Бог меня спас от Овчаренко. Потом он спас от него и всех остальных. Высшей целью Овчаренко, как неожиданно выяснилось, была должность директора ИМЛИ, и сразу же после смерти Сучкова он, к величайшему изумлению всех сотрудников, переселился в его кабинет, который неохотно покинул только по приходе нового директора Ю. Я. Барабаша. Тогда Овчаренко предпринял попытку расширить сферу свого влияния другим путем и долго носился с идеей создания нового отдела — истории русской литературы XX века, куда должны были войти, кроме горьковской группы, многие структурные подразделения.
Идея выглядела не столь уж плохо, но слишком очевидно было, "под кого" она выдвигалась и чем нам всем подобное укрупнение грозило. Примерно к этому же времени относилась и первая попытка Овчаренко стать членом-корреспондентом АН СССР, вынудившая имлийских докторов (Л. И. Тимофеева, О. А. Державину, В. Д. Кузьмину, А. А. Елистратову, С. В. Тураева и др.) обратиться с письмом к тогдашнему президенту Академии М. Келдышу: "Мы знаем А. И. Овчаренко по совместной работе в ИМЛИ и полагаем, что он не заслуживает этого высокого звания. Его научные заслуги весьма скромны" (второй раз Овчаренко повторил эту попытку двумя десятилетиямм позже, и опять она вызвала возмущенное письмо группы литераторов в Отделение литературы и языка Академии). Этот амбициозный, сложный и совершенно закрытый человек ушел из жизни внезапно и драматически — отдыхал в Прибатике, в писательском доме в Ниде, и утонул, купаясь в море. В предисловии к какому-то посмертному изданию его сугубо официозных "советских" сочинений я встретил намеки на происки врагов и неслучайность его смерти...
Сегодня только ленивый не знает про то, что Эльсберг "посадил" Бабеля, Штейнберга, Пинского и других, про то, как разоблачал его Пинский, а Мотылева дала ему пощечину и пр., и пр. Судя по этим историям, передающимся из уст в уста и из книги в книгу вот уже на протяжении полувека, можно подумать, что их герой обладал почти врожденной страстью к доносительству и привык бегать на Лубянку чуть ли не с детсадовского возраста. Думаю, что мифология эта поддерживалась той же самой Лубянкой, которая, с одной стороны, охраняла своих агентов и тайно покровительствовала им, а с другой, находила прямую выгоду в демонизации тех или иных персонажей. Демонизация индивида уводила в сторону мысль о массовости явления.

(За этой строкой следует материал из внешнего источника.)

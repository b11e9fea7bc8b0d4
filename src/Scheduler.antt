-- ===== src/Scheduler.antt =====
-- internal/scheduler: the queue, the in-flight set and the commands of Serve. Each entry of the poller,
-- a worker or the reaper into the in-flight set is one step, as its mutex makes it; the steps of the
-- goroutines interleave in any order. Contexts are numbers, and a done context keeps its first cause.
-- Tickers, logs and the reply channels are not modelled; Reaping has the cadence of the reaper.
pub mod Counting
pub mod Steps
pub mod Claims
pub mod Reaping
use hounds_ciai.Prelude.{
  ℕ, ◌+◌, Bool, true, false, not, ◌&&◌, ◌≡◌, Option, none, some, List, [], ◌∷◌, ◌++◌, ◌==◌, nat_eq,
  if◌then◌else◌, ltb, leb, length,
}
use hounds_ciai.Prelude.Maps.{lookup, has_key, insert, delete}
use hounds_ciai.Result.{Result, ok, err}

-- `driveHandle`: the context that its cancel function ends, and the start, 0 for the zero time.
pub record Handle : Type 0 where
  pub cancel : Option ℕ
  pub started : ℕ

abbrev pub Inflight : Type 0
Inflight = List (ℕ × Handle)

pub data Reason : Type 0 where
  cancel_command deadline_passed released : Reason

-- Why a command is refused.
pub data Refusal : Type 0 where
  not_running readiness_failed already_settled queue_full : Refusal

-- The buffered channel `work`, the issues that workers have received and not yet released, the set of
-- claims, the done contexts, and the next context.
pub record Sched : Type 0 where
  pub queue : List ℕ
  pub running : List ℕ
  pub inflight : Inflight
  pub cancelled : List (ℕ × Reason)
  pub next_context : ℕ

abbrev pub queue_depth : ℕ
queue_depth = 128

-- `inflightSet.add`: none when the issue is claimed already.
unfoldable pub add : ℕ → Inflight → Option Inflight
add issue m =
    if has_key issue m then none else some (insert issue (record { cancel = none; started = 0 }) m)

-- `inflightSet.arm`: a claim that is gone stays gone.
unfoldable pub arm : ℕ → ℕ → ℕ → Inflight → Inflight
arm issue context now m =
    if has_key issue m then insert issue (record { cancel = some context; started = now }) m else m

-- A call of a cancel function: the first cause stands.
unfoldable pub end_context : ℕ → Reason → List (ℕ × Reason) → List (ℕ × Reason)
end_context context why ended = if has_key context ended then ended else (context, why) ∷ ended

unfoldable pub end_claim : Option ℕ → Reason → List (ℕ × Reason) → List (ℕ × Reason)
unfolding end_context
end_claim none why ended = ended
end_claim (some context) why ended = end_context context why ended

-- `inflightSet.cancel`: the context to end, when the issue has one.
unfoldable pub cancel_of : ℕ → Inflight → Option ℕ
cancel_of issue m = elim (lookup issue m) [ none ↦ none | some h ↦ h.cancel ]

-- `inflightSet.reap`: the contexts past the deadline are ended; the claims stay.
unfoldable pub overdue : ℕ → ℕ → Handle → Option ℕ
overdue deadline now h =
    if not (h.started == 0) && leb (h.started + deadline) now then h.cancel else none

unfoldable pub reap_all : ℕ → ℕ → Inflight → List (ℕ × Reason) → List (ℕ × Reason)
unfolding overdue end_claim
reap_all deadline now [] ended = ended
reap_all deadline now ((issue, h) ∷ m) ended =
    reap_all deadline now m (end_claim (overdue deadline now h) deadline_passed ended)

-- The readiness check `Done`, with what it answers of each issue: absent, failed, or whether the
-- issue's task has settled.
abbrev pub DoneCheck : Type 0
DoneCheck = Option (ℕ → Result Bool)

unfoldable pub readiness : DoneCheck → ℕ → Result Bool
readiness none issue = ok false
readiness (some f) issue = f issue

-- The send with a default: a full channel gives the claim back.
unfoldable pub send_or_release : ℕ → Inflight → Sched → Option Refusal × Sched
send_or_release issue m s =
    if ltb (length s.queue) queue_depth
    then (none, record s { queue = s.queue ++ (issue ∷ []); inflight = m })
    else (some queue_full, record s { inflight = delete issue m })

unfoldable pub claim_and_send : ℕ → Sched → Option Refusal × Sched
unfolding add send_or_release
claim_and_send issue s = elim (add issue s.inflight) [
  | none ↦ (none, s)
  | some m ↦ send_or_release issue m s
]

-- `enqueueOne`: the refusal that it replies with, if any.
unfoldable pub enqueue_ready : Result Bool → ℕ → Sched → Option Refusal × Sched
unfolding claim_and_send
enqueue_ready (err x) issue s = (some readiness_failed, s)
enqueue_ready (ok true) issue s = (some already_settled, s)
enqueue_ready (ok false) issue s = claim_and_send issue s

unfoldable pub enqueue_one : DoneCheck → ℕ → Sched → Option Refusal × Sched
unfolding enqueue_ready readiness
enqueue_one check issue s =
    if has_key issue s.inflight then (none, s) else enqueue_ready (readiness check issue) issue s

-- `enqueue`: the same for each discovered issue, where a refusal is only passed over.
unfoldable pub enqueue : DoneCheck → List ℕ → Sched → Sched
unfolding enqueue_one
enqueue check [] s = s
enqueue check (issue ∷ issues) s = enqueue check issues (enqueue_one check issue s).1

-- `seed`: `SeedFrom` may be left out, and may fail.
unfoldable pub seed : DoneCheck → Option (Result (List ℕ)) → Sched → Sched
unfolding enqueue
seed check none s = s
seed check (some (err e)) s = s
seed check (some (ok issues)) s = enqueue check issues s

-- A tick of Serve: the poll, which may fail, and the seed in any case.
unfoldable pub poll : DoneCheck → Result (List ℕ) → Sched → Sched
unfolding enqueue
poll check (err e) s = s
poll check (ok issues) s = enqueue check issues s

unfoldable pub tick : DoneCheck → Result (List ℕ) → Option (Result (List ℕ)) → Sched → Sched
unfolding poll seed
tick check listed seeds s = seed check seeds (poll check listed s)

-- The cancel command of `handleCommand`.
unfoldable pub cancel_issue : ℕ → Sched → Option Refusal × Sched
unfolding cancel_of end_context
cancel_issue issue s = elim (cancel_of issue s.inflight) [
  | none ↦ (some not_running, s)
  | some context ↦ (none, record s { cancelled = end_context context cancel_command s.cancelled })
]

-- A worker's receive, its arming of the claim, and its release after the drive.
unfoldable pub receive : Sched → Sched
receive s = elim s.queue [
  | [] ↦ s
  | issue ∷ rest ↦ record s { queue = rest; running = issue ∷ s.running }
]

unfoldable pub start_drive : ℕ → ℕ → Sched → Sched
unfolding arm
start_drive issue now s = record s {
  inflight = arm issue s.next_context now s.inflight;
  next_context = s.next_context + 1;
}

unfoldable pub remove_one : ℕ → List ℕ → List ℕ
remove_one issue [] = []
remove_one issue (x ∷ xs) = if x == issue then xs else x ∷ remove_one issue xs

unfoldable pub release : ℕ → Sched → Sched
unfolding remove_one end_claim
release issue s = record s {
  running = remove_one issue s.running;
  inflight = delete issue s.inflight;
  cancelled = end_claim (cancel_of issue s.inflight) released s.cancelled;
}

unfoldable pub reap : ℕ → ℕ → Sched → Sched
unfolding reap_all
reap deadline now s = record s { cancelled = reap_all deadline now s.inflight s.cancelled }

Даже слово "посадил", подразумевающее некую выдающуюся роль доносчика, в случаях, когда речь идет о таких крупных фигурах, как Бабель, заслуживает кавычек. И дело не только в том, например, что сегодня из следственных дел достоверно известно, что Бабеля все-таки взяли по показаниям Ежова, а не Эльсберга, но в том, прежде всего, что даже в годы "большого террора" для ареста и уничтожения таких знаменитых деятелей литературы и культуры, как Мейерхольд, Бабель, Мандельштам, Кольцов, нужны были, конечно не просто доносы отдельных частных лиц, но негласные санкции Кремля, эти же доносы организующего (следователь для проформы даже спрашивал Ежова, "не клевещет ли он на писателя Бабеля").
Над Эльсбергом витает туман таинственности, не рассеянный до сих пор. Удивляет обилие его псевдонимов 20-х годов: Шапирштейн, Шапирштейн-Лерс, просто Я. Е. Лерс (так, кстати, была подписана и книга), Жак Красный и пр. В тюрьме он сидел, что ни говорите, уже будучи профессиональным литератором, и даже в силу одного этого обстоятельства я не очень склонен доверять версии о каких-то его финансовых спекуляциях эпохи нэпа, якобы ставших причиной ареста. В книге "Во внутренней тюрьме ГПУ. Наблюдения арестованного" (1924), почтительно "посвященной ГПУ", отчетливо ощутим "социальный заказ", и я допускаю, что автор вышел с искалеченной ногой именно оттуда, после близкого и плодотворного общения с организацией. Возможно, он успел, отбывая тюремный срок или после него, даже потрудиться "не по специальности" в какой-нибудь шахте на Дальнем Востоке, где, неведомо каким путем, оказался (карточки его книг в общем каталоге Ленинки, отражавших дальневосточные следы Эльсберга, видимо, случайно залетели сюда в годы моей аспирантуры из спецхрана, а потом исчезли: панегирик ГПУ был издан в Бодайбо, а вторая книга, "На золотых приисках Бодайбо", даже не упоминается в КЛЭ, где над Эльсбергом поглумились, подписав справку о нем "Г.П.Уткин").